About this exercise:
Below are entries. Reproduce exactly the lines between the line holding "unranked-set_role (suc i)" and the line holding "(laws : IsOrdered F) (updated", inclusive, and only those.

───

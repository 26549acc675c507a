-- ===== src/Scanner/Leaders/Roles.antt =====
-- bot/src/bot/scanner/leaders.py: the roles in each cluster.
use mathlib.Core.Option.{map as option_map}
use quick_stock_bot.Prelude.{
  ℕ, zero, suc, ◌≡◌, ◌≢◌, refl, sym, ap, ◌∙◌, true, false, ◌&&◌, not, nat_eq, if◌then◌else◌, arith,
  Bool-cases, inl, inr, List, [], ◌∷◌, Option, none, some,
}
use quick_stock_bot.Num.{Float, IsOrdered, IsNumber, ◌≼◌, ◌<?◌}
use quick_stock_bot.Scanner.State.{TickerState, ScanRole, leader, laggard, standalone}
use quick_stock_bot.Scanner.Leaders.{
  set_role, leader_score, score_of, best_of, has_news_at, follow, follow_one, elect,
}
use quick_stock_bot.Scanner.Leaders.Groups.{is_member}

module _ {F : Type 0} ⦃num : Float F⦄ where
  abbrev pub role_at : ℕ → List (TickerState F) → Option ScanRole
  role_at i [] = none
  role_at zero (s ∷ ss) = some s.role
  role_at (suc i) (s ∷ ss) = role_at i ss

  -- everything but the roles
  abbrev pub unranked : List (TickerState F) → List (TickerState F)
  unranked [] = []
  unranked (s ∷ ss) = record s { role = standalone } ∷ unranked ss

  -- the role of a member that does not lead
  abbrev pub follower : ℕ → List (TickerState F) → ScanRole
  follower x ss = if has_news_at x ss then laggard else standalone

  -- one leader, whose score nobody in the cluster exceeds; a symbol alone stands alone
  pub IsElected : List (TickerState F) → List ℕ → Type 0
  IsElected out [] = Unit
  IsElected out (i ∷ []) = role_at i out ≡ some standalone
  IsElected out (i ∷ j ∷ rest) =
      (best : ℕ) × (is_member best (i ∷ j ∷ rest) ≡ true)
      × (role_at best out ≡ some leader)
      × ((x : ℕ)
          → is_member x (i ∷ j ∷ rest) ≡ true
          → x ≢ best
          → role_at x out ≡ some (follower x out))
      × ((x : ℕ) → is_member x (i ∷ j ∷ rest) ≡ true → leader_score out x ≼ leader_score out best)

  role_at-set_role :
      (x i : ℕ) (role : ScanRole) (ss : List (TickerState F))
      → role_at x (set_role i role ss)
        ≡ (if nat_eq i x then option_map (λ r. role) (role_at x ss) else role_at x ss)
  unfolding set_role
  role_at-set_role x i role [] = ground arith
  role_at-set_role zero zero role (s ∷ ss) = refl
  role_at-set_role zero (suc i) role (s ∷ ss) = ground arith
  role_at-set_role (suc x) zero role (s ∷ ss) = ground arith
  role_at-set_role (suc x) (suc i) role (s ∷ ss) = ground (arith, role_at-set_role x i role ss)

  unranked-set_role :
      (i : ℕ) (role : ScanRole) (ss : List (TickerState F))
      → unranked (set_role i role ss) ≡ unranked ss
  unfolding set_role
  unranked-set_role i role [] = refl
  unranked-set_role zero role (s ∷ ss) = refl
  unranked-set_role (suc i) role (s ∷ ss) =
      ap (λ ts. record s { role = standalone } ∷ ts) (unranked-set_role i role ss)

  has_news_at-unranked :
      (i : ℕ) (ss : List (TickerState F)) → has_news_at i (unranked ss) ≡ has_news_at i ss
  unfolding has_news_at
  has_news_at-unranked i [] = refl
  has_news_at-unranked zero (s ∷ ss) = refl
  has_news_at-unranked (suc i) (s ∷ ss) = has_news_at-unranked i ss

  follower_same :
      (x : ℕ) (ss ts : List (TickerState F))
      → unranked ss ≡ unranked ts
      → follower x ss ≡ follower x ts
  follower_same x ss ts e =
      ap (λ b. if b then laggard else standalone)
        (sym (has_news_at-unranked x ss) ∙ ap (has_news_at x) e ∙ has_news_at-unranked x ts)

  leader_score-unranked :
      (i : ℕ) (ss : List (TickerState F)) → leader_score (unranked ss) i ≡ leader_score ss i
  unfolding leader_score score_of
  leader_score-unranked i [] = refl
  leader_score-unranked zero (s ∷ ss) = refl
  leader_score-unranked (suc i) (s ∷ ss) = leader_score-unranked i ss

  pub leader_score_same :
      (x : ℕ) (ss ts : List (TickerState F))
      → unranked ss ≡ unranked ts
      → leader_score ss x ≡ leader_score ts x
  leader_score_same x ss ts e =
      sym (leader_score-unranked x ss) ∙ ap (λ us. leader_score us x) e ∙ leader_score-unranked x ts

  best_of_highest :
      (laws : IsOrdered F) (updated : List (TickerState F)) (best : ℕ) (members : List ℕ)
      → ((x : ℕ) → IsNumber (leader_score updated x))
      → (x : ℕ) → is_member x (best ∷ members) ≡ true
      → leader_score updated x ≼ leader_score updated (best_of updated best members)
  unfolding best_of
  best_of_highest laws updated best [] scored x m =
      let e : best ≡ x = ground (arith, m) in rw e (scored x)
  best_of_highest laws updated best (i ∷ rest) scored x m =
      let value : ℕ → F = leader_score updated in
      elim (Bool-cases (value best <? value i)) [
        | inl above ↦ rw above (elim (Bool-cases (nat_eq best x)) [
          | inl same ↦
              let e : best ≡ x = ground (arith, same) in
              laws.le_trans _ _ _ (rw e at (laws.le_of_lt _ _ above))
                (best_of_highest laws updated i rest scored i (ground arith))
          | inr other ↦ best_of_highest laws updated i rest scored x (ground (arith, m))
        ])
        | inr below ↦ rw below (elim (Bool-cases (nat_eq i x)) [
          | inl same ↦
              let e : i ≡ x = ground (arith, same) in
              let le : value i ≼ value best =
                ground (arith, laws.lt_of_not_le (value i) (value best) (scored i) (scored best)) in
              laws.le_trans _ _ _ (rw e at le)
                (best_of_highest laws updated best rest scored best (ground arith))
          | inr other ↦ best_of_highest laws updated best rest scored x (ground (arith, m))
        ])
      ]

  is_member-best_of :
      (updated : List (TickerState F)) (best : ℕ) (members : List ℕ)
      → is_member (best_of updated best members) (best ∷ members) ≡ true
  unfolding best_of
  is_member-best_of updated best [] = ground arith
  is_member-best_of updated best (i ∷ rest) =
      ground (arith, is_member-best_of updated best rest, is_member-best_of updated i rest)

  unranked-follow_one :
      (best i : ℕ) (updated : List (TickerState F))
      → unranked (follow_one best i updated) ≡ unranked updated
  unfolding follow_one
  unranked-follow_one best i updated =
      ground (arith, unranked-set_role i laggard updated, unranked-set_role i standalone updated)

  role_at-follow_one :
      (best i x : ℕ) (updated : List (TickerState F))
      → role_at x (follow_one best i updated) ≡ (
          if nat_eq i x && not (nat_eq x best)
          then option_map (λ r. follower x updated) (role_at x updated)
          else role_at x updated)
  unfolding follow_one
  role_at-follow_one best i x updated =
      ground (arith, role_at-set_role x i laggard updated, role_at-set_role x i standalone updated)

  unranked-follow :
      (best : ℕ) (members : List ℕ) (updated : List (TickerState F))
      → unranked (follow best members updated) ≡ unranked updated
  unfolding follow
  unranked-follow best [] updated = refl
  unranked-follow best (i ∷ rest) updated =
      unranked-follow best rest (follow_one best i updated) ∙ unranked-follow_one best i updated

  role_at-follow :
      (best x : ℕ) (members : List ℕ) (updated : List (TickerState F))
      → role_at x (follow best members updated) ≡ (
          if is_member x members && not (nat_eq x best)
          then option_map (λ r. follower x updated) (role_at x updated)
          else role_at x updated)
  unfolding follow
  role_at-follow best x [] updated = refl
  role_at-follow best x (i ∷ rest) updated = ground (
    arith,
    role_at-follow best x rest (follow_one best i updated),
    role_at-follow_one best i x updated,
    follower_same x (follow_one best i updated) updated (unranked-follow_one best i updated),
  )

  pub unranked-elect :
      (members : List ℕ) (updated : List (TickerState F))
      → unranked (elect members updated) ≡ unranked updated
  unfolding elect
  unranked-elect [] updated = refl
  unranked-elect (i ∷ []) updated = unranked-set_role i standalone updated
  unranked-elect (i ∷ j ∷ rest) updated =
      unranked-follow (best_of updated i (j ∷ rest)) (i ∷ j ∷ rest) _
      ∙ unranked-set_role (best_of updated i (j ∷ rest)) leader updated

  -- a symbol outside the cluster keeps its role
  pub role_at-elect :
      (x : ℕ) (members : List ℕ) (updated : List (TickerState F))
      → is_member x members ≡ false
      → role_at x (elect members updated) ≡ role_at x updated
  unfolding elect
  role_at-elect x [] updated h = refl
  role_at-elect x (i ∷ []) updated h = ground (arith, role_at-set_role x i standalone updated)
  role_at-elect x (i ∷ j ∷ rest) updated h =
      let best = best_of updated i (j ∷ rest) in
      ground (
        arith,
        role_at-follow best x (i ∷ j ∷ rest) (set_role best leader updated),
        role_at-set_role x best leader updated,
        is_member-best_of updated i (j ∷ rest),
      )

  -- the index is in range
  abbrev pub IsIndex : ℕ → List (TickerState F) → Type 0
  IsIndex x ss = (role : ScanRole) × (role_at x ss ≡ some role)

  pub elect-IsElected :
      (laws : IsOrdered F) (members : List ℕ) (updated : List (TickerState F))
      → ((x : ℕ) → is_member x members ≡ true → IsIndex x updated)
      → ((x : ℕ) → IsNumber (leader_score updated x))
      → IsElected (elect members updated) members
  unfolding elect IsElected
  elect-IsElected laws [] updated h scored = tt
  elect-IsElected laws (i ∷ []) updated h scored =
      ground (arith, role_at-set_role i i standalone updated, h i)
  elect-IsElected laws (i ∷ j ∷ rest) updated h scored =
      let best = best_of updated i (j ∷ rest) in
      let ranked = set_role best leader updated in
      let inside = is_member-best_of updated i (j ∷ rest) in
      let same = unranked-follow best (i ∷ j ∷ rest) ranked in
      (
        best,
        inside,
        ground (
          arith,
          role_at-follow best best (i ∷ j ∷ rest) ranked,
          role_at-set_role best best leader updated,
          h best,
        ),
        λ x m other. ground (
          arith,
          m,
          other,
          role_at-follow best x (i ∷ j ∷ rest) ranked,
          role_at-set_role x best leader updated,
          h x,
          follower_same x (follow best (i ∷ j ∷ rest) ranked) ranked same,
        ),
        λ x m.
            let whole = same ∙ unranked-set_role best leader updated in
            rw (leader_score_same x _ updated whole, leader_score_same best _ updated whole)
              (best_of_highest laws updated i (j ∷ rest) scored x m),
      )

  -- whether the cluster is elected depends only on the roles of its members and what has no role
  pub IsElected-same :
      (out out' : List (TickerState F)) (members : List ℕ)
      → unranked out ≡ unranked out'
      → ((x : ℕ) → is_member x members ≡ true → role_at x out ≡ role_at x out')
      → IsElected out members
      → IsElected out' members
  unfolding IsElected
  IsElected-same out out' [] e h p = tt
  IsElected-same out out' (i ∷ []) e h p = ground (arith, h i)
  IsElected-same out out' (i ∷ j ∷ rest) e h (best, inside, leads, others, highest) = (
    best,
    inside,
    sym (h best inside) ∙ leads,
    λ x m other. sym (h x m) ∙ others x m other ∙ ap some (follower_same x out out' e),
    λ x m.
        rw (sym (leader_score_same x out out' e), sym (leader_score_same best out out' e))
          (highest x m),
  )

───

Output for this task:
  unranked-set_role (suc i) role (s ∷ ss) =
      ap (λ ts. record s { role = standalone } ∷ ts) (unranked-set_role i role ss)

  has_news_at-unranked :
      (i : ℕ) (ss : List (TickerState F)) → has_news_at i (unranked ss) ≡ has_news_at i ss
  unfolding has_news_at
  has_news_at-unranked i [] = refl
  has_news_at-unranked zero (s ∷ ss) = refl
  has_news_at-unranked (suc i) (s ∷ ss) = has_news_at-unranked i ss

  follower_same :
      (x : ℕ) (ss ts : List (TickerState F))
      → unranked ss ≡ unranked ts
      → follower x ss ≡ follower x ts
  follower_same x ss ts e =
      ap (λ b. if b then laggard else standalone)
        (sym (has_news_at-unranked x ss) ∙ ap (has_news_at x) e ∙ has_news_at-unranked x ts)

  leader_score-unranked :
      (i : ℕ) (ss : List (TickerState F)) → leader_score (unranked ss) i ≡ leader_score ss i
  unfolding leader_score score_of
  leader_score-unranked i [] = refl
  leader_score-unranked zero (s ∷ ss) = refl
  leader_score-unranked (suc i) (s ∷ ss) = leader_score-unranked i ss

  pub leader_score_same :
      (x : ℕ) (ss ts : List (TickerState F))
      → unranked ss ≡ unranked ts
      → leader_score ss x ≡ leader_score ts x
  leader_score_same x ss ts e =
      sym (leader_score-unranked x ss) ∙ ap (λ us. leader_score us x) e ∙ leader_score-unranked x ts

  best_of_highest :
      (laws : IsOrdered F) (updated : List (TickerState F)) (best : ℕ) (members : List ℕ)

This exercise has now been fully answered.